Le comunità alpine hanno da sempre definito un rapporto specifico con l'ambiente in cui si trovano e oggi sono dentro a un processo di cambiamento che ri-configura usi dello spazio, visioni ambientali e ambientaliste, pratiche sociali e culturali, mette in discussione modelli tradizionali di sviluppo, genera nuovi progetti di territorio.
Questa fase di cambiamento favorisce la ri-costruzione di identità territoriali alpine, la produzione di rinnovata cultura alpina, la definizione di nuove immagini e descrizioni territoriali.
Si tratta di un fermento innovativo che sta attraversando le Alpi (la montagna in genere) che si declina nella sperimentazione di nuove architetture e nella realizzazione di eventi, dai festival alle rassegne cinematografiche alle mostre di fotografie etc.
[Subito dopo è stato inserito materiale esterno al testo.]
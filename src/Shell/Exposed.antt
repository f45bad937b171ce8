-- ===== src/Shell/Exposed.antt =====
-- `handle_exposed` against a reading of the array by rectangles.
use webos_wayland.Base.{
  ℕ, zero, suc, ◌+◌, ◌/◌, ◌≤◌, ◌<◌, ◌≡◌, ℤ, Bool, false, ◌&&◌, ◌||◌, some, List, [], ◌∷◌,
  if◌then◌else◌, get_elem?, length, arith, get_elem?-append, Bool-cases, inl, inr, ◌∙◌, ap,
}
use webos_wayland.Shell.Events.{is_positive, is_end, WlArray, scan, scan_array}

-- Some rectangle x, y, width, height has an area, before the end mark -1 and before a last
-- rectangle that is cut short.
abbrev pub has_area : List ℤ → Bool
has_area (x ∷ y ∷ w ∷ h ∷ rest) =
    if is_end x then false else (is_positive w && is_positive h) || has_area rest
has_area _ = false

-- What `wl_array` promises: `data` holds `size` bytes.
abbrev pub IsWellFormed : WlArray → List ℤ → Type 0
IsWellFormed a values = (a.values ≡ some values) × (length values ≡ a.size / 4)

-- `values` goes on as `rest` from the index `i` on.
abbrev From : List ℤ → ℕ → List ℤ → Type 0
From values i rest = (k : ℕ) → get_elem? values (i + k) ≡ get_elem? rest k

-- One round over a whole rectangle.
scan-step :
    (fuel : ℕ) (values : List ℤ) (count i : ℕ) (visible : Bool) (x w h : ℤ)
    → i + 4 ≤ count
    → get_elem? values i ≡ some x
    → get_elem? values (i + 2) ≡ some w
    → get_elem? values (i + 3) ≡ some h
    → scan (suc fuel) values count i visible ≡ (
        if is_end x
        then some visible
        else scan fuel values count (i + 4) ((is_positive w && is_positive h) || visible))
unfolding scan
scan-step fuel values count i visible x w h room ex ew eh = ground arith

-- The last round: less than a rectangle is left.
scan-short :
    (fuel : ℕ) (values rest : List ℤ) (count i : ℕ) (visible : Bool)
    → length rest < 4
    → count ≡ i + length rest
    → From values i rest
    → scan (suc fuel) values count i visible ≡ some visible
unfolding scan
scan-short fuel values [] count i visible short e f = ground arith
scan-short fuel values (x ∷ rest) count i visible short e f = ground (arith, first)
  where
    first : get_elem? values i ≡ some x
    first = ap (get_elem? values) (omega arith) ∙ f 0

scan_lem :
    (fuel : ℕ) (values rest : List ℤ) (count i : ℕ) (visible : Bool)
    → length rest < fuel
    → count ≡ i + length rest
    → From values i rest
    → scan fuel values count i visible ≡ some (has_area rest || visible)
scan_lem zero values rest count i visible lt e f = absurd (omega arith)
scan_lem (suc fuel) values (x ∷ y ∷ w ∷ h ∷ rest) count i visible lt e f =
    scan-step fuel values count i visible x w h (omega arith)
      (ap (get_elem? values) (omega arith) ∙ f 0) (f 2) (f 3)
    ∙ elim (Bool-cases (is_end x)) [
      | inl stop ↦ ground arith
      | inr go ↦ ground (
        arith,
        scan_lem fuel values rest count (i + 4) ((is_positive w && is_positive h) || visible)
            (omega arith) (omega arith)
            (λ k. ap (get_elem? values) (omega arith) ∙ f (4 + k) ∙ rest_at k),
      )
    ]
  where
    rest_at : (k : ℕ) → get_elem? (x ∷ y ∷ w ∷ h ∷ rest) (4 + k) ≡ get_elem? rest k
    rest_at k = get_elem?-append (x ∷ y ∷ w ∷ h ∷ []) rest k
scan_lem (suc fuel) values rest count i visible lt e f =
    scan-short fuel values rest count i visible (omega arith) e f

-- `handle_exposed` reads only inside a well-formed array, comes to an end, and finds a visible
-- surface exactly if some whole rectangle before the end mark has an area.
pub scan_array_lem :
    (a : WlArray) (values : List ℤ)
    → IsWellFormed a values
    → scan_array (some a) ≡ some (has_area values)
unfolding scan_array
scan_array_lem a values (given, size) = rw given (
    scan_lem (suc (a.size / 4)) values values (a.size / 4) 0 false (omega arith) (omega arith)
      (λ k. ap (get_elem? values) (omega arith))
    ∙ ground arith)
Un insieme molto eterogeneo, ma per ora anche molto localizzato se guardiamo all'arco alpino, che è però espressione di un grande potenziale culturale che sta dentro le Alpi.
In riferimento a questo quadro, il volume presenta una riflessione sulla cultura alpina contemporanea come dispositivo di attivazione di processi di sviluppo territoriale.
Questa riflessione parte da un lavoro di ricerca promosso e sostenuto dalla Fondazione Cassa di Risparmio di Cuneo, con l'obiettivo di fornire indicazioni teorico-metodologiche per la definizione di un nuovo percorso che lega le pratiche culturali (più in generale la cultura) ai processi di sviluppo nelle aree a bassa densità, in particolare montano-rurali, mostrando come queste possano svolgere un ruolo di contenitore di percorsi innovativi di sviluppo.

Maria Anna Bertolino, dottore di ricerca in Scienze antropologiche, conduce ricerche in area alpina relative ai cambiamenti sociali e alle trasformazioni culturali in atto. Lavora come consulente per fondazioni e amministrazioni locali nel campo della progettazione partecipata. Tra le sue pubblicazioni, Eppur si vive. Nuove pratiche del vivere e dell'abitare nelle Alpi occidentali (Roma, 2014).

Federica Corrado, ricercatrice in Tecnica e pianificazione urbanistica al Politecnico di Torino. Si occupa di strumenti e politiche territoriali per la programmazione e progettazione dello sviluppo territoriale. È attualmente Presidente della Commissione Internazionale per la Protezione delle Alpi in Italia (CIPRA Italia) ed è membro del Comitato di redazione della Revue de Geographie Alpine/Journal of Alpine Research.